Shares of besieged California utility PG&E Corp. rallied Tuesday despite a bitter disagreement between the company and some of its shareholders over its decision to file for Chapter 11 bankruptcy protection.

The nation's largest U.S. power provider filed for bankruptcy on Tuesday and asked the court to approve a $5.5 billion debtor-in-possession financing, it said in a statement. The company also filed various motions with the Court, including requests for permission to continue paying employees and providing them healthcare and other benefits.

On its website, PG&E said it would continue to provide electric and natural gas service as normal. The San Francisco utility has 16 million customers in Northern and Central California. "To be clear, we have heard the calls for change and we are determined to take action throughout this process to build the energy system our customers want and deserve," said John R. Simon, PG&E's interim CEO, in a statement.

Shares of PG&E rose 17 percent Tuesday. Some traders speculated that those with bets against the shares were closing out their trades and forcing up the stock price. The stock is down more than 65 percent over the past six months.

PG&E's bankruptcy filing comes nearly three months after the start of the so-called Camp Fire, which broke out on the morning of Nov. 8 near the town of Paradise in northern California. The fast-moving wildfire killed at least 86 people and destroyed about 14,000 homes, making it the state's deadliest.

Though responsibility for that fire has yet to be determined, state investigators cleared the utility company of liability in the October 2017 Tubbs Fire on Thursday, the largest such fire of that year. While a small victory for the company, that finding comes after state investigators determined that PG&E's equipment was liable in at least 17 major wildfires in 2017.

PG&E listed assets of $71.39 billion and liabilities of $51.69 billion, in a court document filed in the U.S. Bankruptcy Court for the Northern District of California.

But while the company's expected costs tally up to as much as $30 billion, beyond what the company says it's able to manage, some on Wall Street remain unconvinced.

Hedge fund and PG&E shareholder BlueMountain Capital has challenged the utility's plan. "We write to challenge the Board's plan for a damaging, avoidable, and unnecessary bankruptcy. There is overwhelming evidence that PG&E is solvent," the fund wrote on Jan. 17. "We simply cannot recall a situation where such a valuable company filed for bankruptcy with such blatant questions about the necessity of doing so."
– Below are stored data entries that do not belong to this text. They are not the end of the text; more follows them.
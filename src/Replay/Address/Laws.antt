-- ===== src/Replay/Address/Laws.antt =====
-- What the parsers of addresses and `RemapConfig.build` of netreplay/core/replay/remap.py return.
use net_replay.Common.{
  ℕ, suc, ◌<◌, ◌≡◌, refl, ap, Bool, true, false, Option, none, some, List, [], ◌∷◌, leb,
  if◌then◌else◌, length, map, arith,
}
use net_replay.Common.Dict.{Dict, lookup, insert, lookup-insert, nat_eq}
use net_replay.Replay.Bytes.{Bytes, bytes_eq}
use net_replay.Replay.Remap.{RemapConfig, remap_frame}
use net_replay.Replay.Remap.Laws.{Sized, IsBuilt, HasLength, length-remap_frame}
use net_replay.Protocols.Hex.{Text}
use net_replay.Protocols.Split.{split, strip, is_latin_space, ℤ, pos, negsuc, parse_int}
use net_replay.Replay.Address.{
  byte_and, bytes_of, tidied, parse_hex, parse_mac, parse_ipv4, four_bytes, put_parsed,
  parse_entries, ports_in_range, config_of, build,
}

length-byte_and :
    (n : Option ℤ) (o : Option Bytes) (v : Bytes) (m : ℕ)
    → byte_and n o ≡ some v
    → ((w : Bytes) → o ≡ some w → length w ≡ m)
    → length v ≡ suc m
length-byte_and none o v m e h = cc
length-byte_and (some (pos n)) none v m e h = cc
length-byte_and (some (negsuc n)) o v m e h = cc
length-byte_and (some (pos n)) (some w) v m e h = ground (arith, h w refl)

length-bytes_of : (ns : List (Option ℤ)) (v : Bytes) → bytes_of ns ≡ some v → length v ≡ length ns
unfolding bytes_of
length-bytes_of [] v e = ground arith
length-bytes_of (n ∷ ns) v e = length-byte_and n (bytes_of ns) v (length ns) e (length-bytes_of ns)

length-map : (f : Text → Option ℤ) (ps : List Text) → length (map f ps) ≡ length ps
length-map f [] = refl
length-map f (p ∷ ps) = ap suc (length-map f ps)

pub parse_mac-size : (t : Text) (v : Bytes) → parse_mac t ≡ some v → length v ≡ 6
unfolding parse_mac
parse_mac-size t v e =
    let parts = split (b':' ∷ []) 0 (map tidied (strip is_latin_space t)) in
    ground (arith, length-bytes_of (map parse_hex parts) v, length-map parse_hex parts)

four_bytes-size : (o : Option Bytes) (v : Bytes) → four_bytes o ≡ some v → length v ≡ 4
four_bytes-size none v e = cc
four_bytes-size (some raw) v e = ground arith

pub parse_ipv4-size : (t : Text) (v : Bytes) → parse_ipv4 t ≡ some v → length v ≡ 4
unfolding parse_ipv4
parse_ipv4-size t v e =
    four_bytes-size
      (bytes_of (map (λ p. parse_int (strip is_latin_space p)) (split (b'.' ∷ []) 0 t))) v e

Sized-insert :
    (n : ℕ) (k v : Bytes) (d : Dict Bytes Bytes) → length v ≡ n → Sized n d → Sized n (insert k v d)
Sized-insert n k v d h s j w e = ground (arith, s j w, lookup-insert k j v d)

-- One entry, and then the rest of them.
entry-Sized :
    (n : ℕ) (k v : Option Bytes) (acc d : Dict Bytes Bytes)
    (rest : Dict Bytes Bytes → Option (Dict Bytes Bytes))
    → ((w : Bytes) → v ≡ some w → length w ≡ n)
    → ((acc' : Dict Bytes Bytes) → Sized n acc' → rest acc' ≡ some d → Sized n d)
    → Sized n acc
    → elim (put_parsed k v (some acc)) [ none ↦ none | some acc' ↦ rest acc' ] ≡ some d
    → Sized n d
entry-Sized n none v acc d rest h r s e = cc
entry-Sized n (some k) none acc d rest h r s e = cc
entry-Sized n (some k) (some v) acc d rest h r s e =
    r (insert k v acc) (Sized-insert n k v acc (h v refl) s) e

pub parse_entries-Sized :
    (n : ℕ) (key value : Text → Option Bytes) (entries : Dict Text Text) (acc d : Dict Bytes Bytes)
    → ((t : Text) (v : Bytes) → value t ≡ some v → length v ≡ n)
    → Sized n acc
    → parse_entries key value entries acc ≡ some d
    → Sized n d
unfolding parse_entries
parse_entries-Sized n key value [] acc d h s e = λ j w l. s j w cc
parse_entries-Sized n key value ((k, v) ∷ entries) acc d h s e =
    entry-Sized n (key k) (value v) acc d (parse_entries key value entries) (h v)
      (λ acc' s' e'. parse_entries-Sized n key value entries acc' d h s' e') s e

abbrev pub AllPorts : Dict ℕ ℕ → Type 0
AllPorts d = (k v : ℕ) → lookup k d ≡ some v → v < 65536

AllPorts-cons : (j n : ℕ) (d : Dict ℕ ℕ) → leb n 65535 ≡ true → AllPorts d → AllPorts ((j, n) ∷ d)
unfolding lookup
AllPorts-cons j n d h s k v e = ground (arith, s k v)

pub AllPorts-none : AllPorts []
unfolding lookup
AllPorts-none k v e = cc

port-AllPorts :
    (fits : Bool) (j n : ℕ) (o : Option (Dict ℕ ℕ)) (d : Dict ℕ ℕ)
    → ((d' : Dict ℕ ℕ) → fits ≡ true → o ≡ some d' → AllPorts ((j, n) ∷ d'))
    → (if fits then elim o [ none ↦ none | some d' ↦ some ((j, n) ∷ d') ] else none) ≡ some d
    → AllPorts d
port-AllPorts true j n none d h e = cc
port-AllPorts false j n o d h e = cc
port-AllPorts true j n (some d') d h e = λ k v l. h d' refl refl k v cc

ports_in_range-small :
    (ports : Dict ℕ ℤ) (d : Dict ℕ ℕ) → ports_in_range ports ≡ some d → AllPorts d
unfolding ports_in_range lookup
ports_in_range-small [] d e = λ k v l. AllPorts-none k v cc
ports_in_range-small ((j, negsuc n) ∷ ports) d e = cc
ports_in_range-small ((j, pos n) ∷ ports) d e =
    port-AllPorts (leb n 65535) j n (ports_in_range ports) d
      (λ d' b h. AllPorts-cons j n d' b (ports_in_range-small ports d' h)) e

config_of-IsBuilt :
    (macs ips : Option (Dict Bytes Bytes)) (ports : Option (Dict ℕ ℕ)) (config : RemapConfig)
    → ((d : Dict Bytes Bytes) → macs ≡ some d → Sized 6 d)
    → ((d : Dict Bytes Bytes) → ips ≡ some d → Sized 4 d)
    → ((d : Dict ℕ ℕ) → ports ≡ some d → AllPorts d)
    → config_of macs ips ports ≡ some config
    → IsBuilt config
config_of-IsBuilt none ips ports config m i p e = cc
config_of-IsBuilt (some macs) none ports config m i p e = cc
config_of-IsBuilt (some macs) (some ips) none config m i p e = cc
config_of-IsBuilt (some macs) (some ips) (some ports) config m i p e = record {
  macs = λ k v l. m macs refl k v cc;
  ips = λ k v l. i ips refl k v cc;
  ports = λ k v l. p ports refl k v cc;
}

pub Sized-none : (n : ℕ) → Sized n []
unfolding lookup
Sized-none n k v e = cc

build-IsBuilt :
    (mac_map ip_map : Dict Text Text) (port_map : Dict ℕ ℤ) (config : RemapConfig)
    → build mac_map ip_map port_map ≡ some config
    → IsBuilt config
unfolding build
build-IsBuilt mac_map ip_map port_map config e =
    config_of-IsBuilt (parse_entries parse_mac parse_mac mac_map [])
      (parse_entries parse_ipv4 parse_ipv4 ip_map []) (ports_in_range port_map) config
      (λ d h.
        parse_entries-Sized 6 parse_mac parse_mac mac_map [] d parse_mac-size (Sized-none 6) h)
      (λ d h.
        parse_entries-Sized 4 parse_ipv4 parse_ipv4 ip_map [] d parse_ipv4-size (Sized-none 4) h)
      (ports_in_range-small port_map) e

-- With any configuration that `RemapConfig.build` returns, the remapping of a frame shorter than 2^16 bytes ends without an
-- error and returns a frame of the same length.
pub build-remap_frame :
    (mac_map ip_map : Dict Text Text) (port_map : Dict ℕ ℤ) (config : RemapConfig) (raw : Bytes)
    → build mac_map ip_map port_map ≡ some config
    → length raw < 65536
    → HasLength (length raw) (remap_frame raw config)
build-remap_frame mac_map ip_map port_map config raw e s =
    length-remap_frame raw config (build-IsBuilt mac_map ip_map port_map config e) s
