-- ===== src/Replay/Address/RoundTrip.antt =====
-- `MacAddress.parse` and `Ipv4Address.parse` of netreplay/core/replay/remap.py on what the two `__str__` print.
use net_replay.Common.{
  ℕ, zero, suc, ◌<◌, ◌≡◌, refl, ap, ◌∙◌, Bool, true, false, not, ◌&&◌, Option, none, some, [], ◌∷◌,
  ◌++◌, ◌==◌, ==_iff, if◌then◌else◌, map, arith, All, Bool-cases, inl, inr,
}
use net_replay.Replay.Bytes.{Bytes}
use net_replay.Replay.Mutation.{starts_with}
use net_replay.Protocols.Hex.{Text}
use net_replay.Protocols.Split.{
  split, strip, lstrip, rstrip, is_latin_space, is_byte_space, byte_lower, is_digit, int_digits, ℤ,
  pos, negsuc, parse_int,
}
use net_replay.Protocols.Tls.{decimal}
use net_replay.Filter.Eval.{digits}
use net_replay.Replay.Address.{
  hex_value, hex_number, without_prefix, signed_hex, parse_hex, byte_and, bytes_of, tidied,
  parse_mac, four_bytes, parse_ipv4, join, hex02, mac_text, ipv4_text,
}

abbrev all_below : ℕ → (ℕ → Bool) → Bool
all_below zero test = true
all_below (suc n) test = let rest = all_below n test in if test n then rest else false

all_below_sound : (n k : ℕ) (test : ℕ → Bool) → all_below n test ≡ true → k < n → test k ≡ true
all_below_sound zero k test h l = elim l [ ]
all_below_sound (suc n) k test h l = elim (Bool-cases (k == n)) [
  | inl e ↦ rw ((==_iff k n).0 e) ground arith
  | inr e ↦ all_below_sound n k test (ground arith) (ground arith)
]

-- No character of the text is the separator; every character is left alone by `strip` and by the tidying.
abbrev pub avoids : ℕ → Text → Bool
avoids sep [] = true
avoids sep (c ∷ t) = let rest = avoids sep t in if sep == c then false else rest

abbrev plain_char : ℕ → Bool
plain_char c = not (is_latin_space c) && tidied c == c

abbrev plain : Text → Bool
plain [] = true
plain (c ∷ t) = let rest = plain t in if plain_char c then rest else false

split-part :
    (sep : ℕ) (p rest : Text)
    → avoids sep p ≡ true
    → split (sep ∷ []) 0 (p ++ sep ∷ rest) ≡ p ∷ split (sep ∷ []) 0 rest
unfolding split starts_with
split-part sep [] rest h = ground arith
split-part sep (c ∷ p) rest h = ground (arith, split-part sep p rest)

split-last : (sep : ℕ) (p : Text) → avoids sep p ≡ true → split (sep ∷ []) 0 p ≡ p ∷ []
unfolding split starts_with
split-last sep [] h = refl
split-last sep (c ∷ p) h = ground (arith, split-last sep p)

-- A number that a text stands for.
abbrev reads : Option ℤ → ℕ → Bool
reads none k = false
reads (some (negsuc n)) k = false
reads (some (pos n)) k = n == k

abbrev good_decimal : ℕ → Bool
good_decimal k = avoids b'.' (decimal k) && reads (parse_int (strip is_latin_space (decimal k))) k

abbrev good_hex : ℕ → Bool
good_hex k = avoids b':' (hex02 k) && plain (hex02 k) && reads (parse_hex (hex02 k)) k

all_good_decimal : all_below 256 good_decimal ≡ true
unfolding is_latin_space is_byte_space strip lstrip rstrip is_digit int_digits parse_int digits
all_good_decimal = refl

all_good_hex : all_below 256 good_hex ≡ true
unfolding is_latin_space is_byte_space strip lstrip rstrip is_digit hex02 parse_hex signed_hex
    hex_number hex_value without_prefix tidied byte_lower
all_good_hex = refl

-- What the printed parts are.
decimal-reads : (k : ℕ) → k < 256 → reads (parse_int (strip is_latin_space (decimal k))) k ≡ true
decimal-reads k h = ground (arith, all_below_sound 256 k good_decimal all_good_decimal h)

decimal-avoids : (k : ℕ) → k < 256 → avoids b'.' (decimal k) ≡ true
decimal-avoids k h = ground (arith, all_below_sound 256 k good_decimal all_good_decimal h)

hex02-reads : (k : ℕ) → k < 256 → reads (parse_hex (hex02 k)) k ≡ true
hex02-reads k h = ground (arith, all_below_sound 256 k good_hex all_good_hex h)

hex02-avoids : (k : ℕ) → k < 256 → avoids b':' (hex02 k) ≡ true
hex02-avoids k h = ground (arith, all_below_sound 256 k good_hex all_good_hex h)

hex02-plain : (k : ℕ) → k < 256 → plain (hex02 k) ≡ true
hex02-plain k h = ground (arith, all_below_sound 256 k good_hex all_good_hex h)

abbrev pub IsBytes : Bytes → Type 0
IsBytes raw = All (λ b. b < 256) raw

byte_and-reads :
    (o : Option ℤ) (k : ℕ) (raw : Bytes)
    → k < 256
    → reads o k ≡ true
    → byte_and o (some raw) ≡ some (k ∷ raw)
byte_and-reads none k raw l h = cc
byte_and-reads (some (negsuc n)) k raw l h = cc
byte_and-reads (some (pos n)) k raw l h = ground arith

-- Parsing the printed parts gives the bytes back.
bytes_of-printed :
    (print : ℕ → Text) (read : Text → Option ℤ) (raw : Bytes)
    → ((k : ℕ) → k < 256 → reads (read (print k)) k ≡ true)
    → IsBytes raw
    → bytes_of (map read (map print raw)) ≡ some raw
unfolding bytes_of
bytes_of-printed print read [] h b = refl
bytes_of-printed print read (k ∷ raw) h b =
    ap (byte_and (read (print k))) (bytes_of-printed print read raw h b.1)
    ∙ byte_and-reads (read (print k)) k raw b.0 (h k b.0)

split-join :
    (sep : ℕ) (print : ℕ → Text) (k : ℕ) (raw : Bytes)
    → ((j : ℕ) → j < 256 → avoids sep (print j) ≡ true)
    → k < 256
    → IsBytes raw
    → split (sep ∷ []) 0 (join sep (map print (k ∷ raw))) ≡ map print (k ∷ raw)
unfolding join
split-join sep print k [] h l b = split-last sep (print k) (h k l)
split-join sep print k (j ∷ raw) h l b =
    split-part sep (print k) (join sep (map print (j ∷ raw))) (h k l)
    ∙ ap (λ ps. print k ∷ ps) (split-join sep print j raw h b.0 b.1)

plain-append : (s t : Text) → plain s ≡ true → plain t ≡ true → plain (s ++ t) ≡ true
plain-append [] t h k = k
plain-append (c ∷ s) t h k = ground (arith, plain-append s t)

plain_colon : (t : Text) → plain t ≡ true → plain (b':' ∷ t) ≡ true
unfolding is_latin_space is_byte_space tidied byte_lower
plain_colon t h = h

plain-join :
    (k : ℕ) (raw : Bytes) → k < 256 → IsBytes raw → plain (join b':' (map hex02 (k ∷ raw))) ≡ true
unfolding join
plain-join k [] l b = hex02-plain k l
plain-join k (j ∷ raw) l b =
    plain-append (hex02 k) (b':' ∷ join b':' (map hex02 (j ∷ raw))) (hex02-plain k l)
      (plain_colon (join b':' (map hex02 (j ∷ raw))) (plain-join j raw b.0 b.1))

map-tidied : (t : Text) → plain t ≡ true → map tidied t ≡ t
map-tidied [] h = refl
map-tidied (c ∷ t) h = ground (arith, map-tidied t)

lstrip-plain : (t : Text) → plain t ≡ true → lstrip is_latin_space t ≡ t
unfolding lstrip
lstrip-plain [] h = refl
lstrip-plain (c ∷ t) h = ground arith

rstrip-plain : (t : Text) → plain t ≡ true → rstrip is_latin_space t ≡ t
unfolding rstrip
rstrip-plain [] h = refl
rstrip-plain (c ∷ t) h = ground (arith, rstrip-plain t)

strip-plain : (t : Text) → plain t ≡ true → strip is_latin_space t ≡ t
unfolding strip
strip-plain t h = ap (rstrip is_latin_space) (lstrip-plain t h) ∙ rstrip-plain t h

pub parse_ipv4-ipv4_text :
    (a b c d : ℕ)
    → IsBytes (a ∷ b ∷ c ∷ d ∷ [])
    → parse_ipv4 (ipv4_text (a ∷ b ∷ c ∷ d ∷ [])) ≡ some (a ∷ b ∷ c ∷ d ∷ [])
unfolding parse_ipv4 ipv4_text
parse_ipv4-ipv4_text a b c d h =
    ap (λ ps. four_bytes (bytes_of (map (λ p. parse_int (strip is_latin_space p)) ps)))
      (split-join b'.' decimal a (b ∷ c ∷ d ∷ []) decimal-avoids h.0 h.1)
    ∙ ap four_bytes (
        bytes_of-printed decimal (λ p. parse_int (strip is_latin_space p)) (a ∷ b ∷ c ∷ d ∷ [])
          decimal-reads h)

pub parse_mac-mac_text :
    (a b c d e f : ℕ)
    → IsBytes (a ∷ b ∷ c ∷ d ∷ e ∷ f ∷ [])
    → parse_mac (mac_text (a ∷ b ∷ c ∷ d ∷ e ∷ f ∷ [])) ≡ some (a ∷ b ∷ c ∷ d ∷ e ∷ f ∷ [])
unfolding parse_mac mac_text
parse_mac-mac_text a b c d e f h =
    let raw = a ∷ b ∷ c ∷ d ∷ e ∷ f ∷ [] in
    let text = join b':' (map hex02 raw) in
    let p = plain-join a (b ∷ c ∷ d ∷ e ∷ f ∷ []) h.0 h.1 in
    rw
      (
        strip-plain text p,
        map-tidied text p,
        split-join b':' hex02 a (b ∷ c ∷ d ∷ e ∷ f ∷ []) hex02-avoids h.0 h.1,
      )
      (bytes_of-printed hex02 parse_hex raw hex02-reads h)

-- Parsing what `__str__` prints of a MAC address of six bytes, or of an IPv4 address of four, gives the address back.
pub parse_printed :
    (a b c d e f : ℕ)
    → IsBytes (a ∷ b ∷ c ∷ d ∷ e ∷ f ∷ [])
    → (parse_mac (mac_text (a ∷ b ∷ c ∷ d ∷ e ∷ f ∷ [])) ≡ some (a ∷ b ∷ c ∷ d ∷ e ∷ f ∷ []))
      × (parse_ipv4 (ipv4_text (a ∷ b ∷ c ∷ d ∷ [])) ≡ some (a ∷ b ∷ c ∷ d ∷ []))
parse_printed a b c d e f h = (
  parse_mac-mac_text a b c d e f h,
  parse_ipv4-ipv4_text a b c d (h.0, (h.1.0, (h.1.1.0, (h.1.1.1.0, tt)))),
)
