-- ===== src/Replay/Checksum/Laws.antt =====
-- The folded sum, and a checksum written into its field.
use net_replay.Common.{
  ℕ, zero, suc, ◌+◌, ◌-◌, ◌/◌, ◌%◌, ◌≤◌, ◌<◌, ◌≡◌, refl, true, false, [], ◌∷◌, ◌++◌, ltb, ◌==◌,
  length, arith, Bool-cases, inl, inr, ◌∙◌, ap,
}
use native.Mathlib.Nat.{le_refl}
use net_replay.Replay.Bytes.{Bytes, two_bytes}
use net_replay.Replay.Checksum.{padded, word_sum, fold, checksum}

-- The folded sum is below 2^16, has the residue of the sum mod 2^16 - 1, and is 0 only if the sum is.
record Folded (f total : ℕ) : Type 0 where
  small : fold f total < 65536
  residue : fold f total % 65535 ≡ total % 65535
  positive : 0 < total → 0 < fold f total

fold_more :
    (f total : ℕ)
    → ltb 65535 total ≡ true
    → fold (suc f) total ≡ fold f (total % 65536 + total / 65536)
unfolding fold
fold_more f total e = rw (e, fold)

fold_done : (f total : ℕ) → ltb 65535 total ≡ false → fold (suc f) total ≡ total
unfolding fold
fold_done f total e = rw (e, fold)

fold-Folded : (f total : ℕ) → total ≤ f → Folded f total
fold-Folded zero total h = record {
  small = unfold fold in omega arith;
  residue = unfold fold in refl;
  positive = unfold fold in λ p. p;
}
fold-Folded (suc f) total h = elim (Bool-cases (ltb 65535 total)) [
  | inl e ↦
      let big : 65535 < total = ground arith in
      let r = fold-Folded f (total % 65536 + total / 65536) (omega arith) in
      record {
        small = rw (fold_more f total e) r.small;
        residue = rw (fold_more f total e) (r.residue ∙ omega arith);
        positive = λ p. rw (fold_more f total e) (r.positive (omega arith));
      }
  | inr e ↦
      let little : total ≤ 65535 = ground arith in
      record {
        small = rw (fold_done f total e) (omega arith);
        residue = rw (fold_done f total e);
        positive = λ p. rw (fold_done f total e) p;
      }
]

-- The loop of `_checksum` ends with a sum that fits 16 bits, on any bytes.
pub fold_fits : (total : ℕ) → fold total total < 65536
fold_fits total = (fold-Folded total total (omega arith)).small

word_sum-zero : (d : Bytes) → length d % 2 ≡ 1 → word_sum (d ++ 0 ∷ []) ≡ word_sum d
unfolding word_sum
word_sum-zero [] h = absurd (omega arith)
word_sum-zero (x ∷ []) h = omega arith
word_sum-zero (x ∷ y ∷ d) h = omega (arith, word_sum-zero d (omega arith))

word_sum-padded : (d : Bytes) → word_sum (padded d) ≡ word_sum d
unfolding padded
word_sum-padded d = elim (Bool-cases (length d % 2 == 0)) [
  | inl e ↦ rw e
  | inr e ↦ rw e (word_sum-zero d (ground arith))
]

checksum_lem : (d : Bytes) → checksum d ≡ 65535 - fold (word_sum d) (word_sum d)
unfolding checksum
checksum_lem d = rw (word_sum-padded d)

word_sum-append :
    (pre post : Bytes) → length pre % 2 ≡ 0 → word_sum (pre ++ post) ≡ word_sum pre + word_sum post
unfolding word_sum
word_sum-append [] post h = omega arith
word_sum-append (x ∷ []) post h = absurd (omega arith)
word_sum-append (x ∷ y ∷ pre) post h = omega (arith, word_sum-append pre post (omega arith))

word_sum_two : (c : ℕ) (post : Bytes) → word_sum (two_bytes c ++ post) ≡ c + word_sum post
unfolding word_sum
word_sum_two c post = omega arith

complement_pos : (t : ℕ) → 0 < t + (65535 - fold t t)
unfolding fold
complement_pos zero = omega arith
complement_pos (suc t) = omega arith

-- A sum and the complement of its folded sum fold to 65535.
fold_complement : (t : ℕ) → fold (t + (65535 - fold t t)) (t + (65535 - fold t t)) ≡ 65535
fold_complement t =
    let a = fold-Folded t t (le_refl t) in
    let n = t + (65535 - fold t t) in
    let b = fold-Folded n n (le_refl n) in
    omega (arith, a.small, a.residue, b.small, b.residue, b.positive (complement_pos t))

-- A checksum that is computed with its field zeroed and then written into that field, at an even
-- offset, makes the checksum of the whole 0: the receiver's test passes.
pub checksum_written :
    (pre post : Bytes)
    → length pre % 2 ≡ 0
    → checksum (pre ++ (two_bytes (checksum (pre ++ (two_bytes 0 ++ post))) ++ post)) ≡ 0
checksum_written pre post h =
    let c = checksum (pre ++ (two_bytes 0 ++ post)) in
    let t = word_sum pre + word_sum post in
    let zeroed : word_sum (pre ++ (two_bytes 0 ++ post)) ≡ t =
      omega (arith, word_sum-append pre (two_bytes 0 ++ post) h, word_sum_two 0 post) in
    let c_is : c ≡ 65535 - fold t t = checksum_lem _ ∙ ap (λ s. 65535 - fold s s) zeroed in
    let written : word_sum (pre ++ (two_bytes c ++ post)) ≡ t + (65535 - fold t t) =
      omega (arith, word_sum-append pre (two_bytes c ++ post) h, word_sum_two c post, c_is) in
    checksum_lem _ ∙ ap (λ s. 65535 - fold s s) written ∙ omega (arith, fold_complement t)

pub checksum_lt : (d : Bytes) → checksum d < 65536
checksum_lt d = omega (arith, checksum_lem d)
Even one top Wall Street's top analyst remained certain that a court would approve PG&E's bid for bankruptcy protection.

"We believe there is a meaningful probability that a court would reject a PG&E Chapter 11 filing on the ground that the company is solvent and that PG&E is filing Chapter 11 to achieve tactical litigation advantages," Morgan Stanley analyst Stephen Byrd wrote Tuesday. "Bankruptcy law includes a "good faith" Chapter 11 filing requirement, in which the debtor must not be filing for reasons inconsistent with the reasons Chapter 11 was created."

The fund may also be concerned about its performance, since its portfolios hold more than 10 million PG&E shares. Banks and bondholders usually have priority in their claims to recover money in a bankruptcy before shareholders and other parties.

Others, including University of Chicago bankruptcy professor Douglas Baird, said they have "no doubt" PG&E would qualify for Chapter 11 protections.

"Companies need to file in good faith and they need to show they're in financial distress. All they need to do is say we have a problem," Baird, who served as the law school's dean from 1994 to 1999, told CNBC. "The $30 billion back-of-the-envelope estimate might be on the low side, and also you don't know what the revenues are like going forward because they may need to make additional capital investments."

To be sure, Baird added, a company doesn't avoid all liability by filing for bankruptcy.

"PG&E has to pay all its creditors every penny they're owed," he said. "The big thing that people forget is that companies in bankruptcy still have to play by the same rules as everyone else."

Other equity holders, including Seth Klarman's $30 billion hedge fund The Baupost Group, have devised other ways to hedge their bets on PG&E. A source familiar with the matter confirmed to CNBC earlier this month that Klarman has spoken to multiple insurance companies about buying their claims against PG&E.

Such claims would be entitled for repayment under a bankruptcy proceeding and could work as a hedge that could offset losses in PG&E's stock. The claims could also grant the hedge fund a say in how the company ultimately reorganizes itself.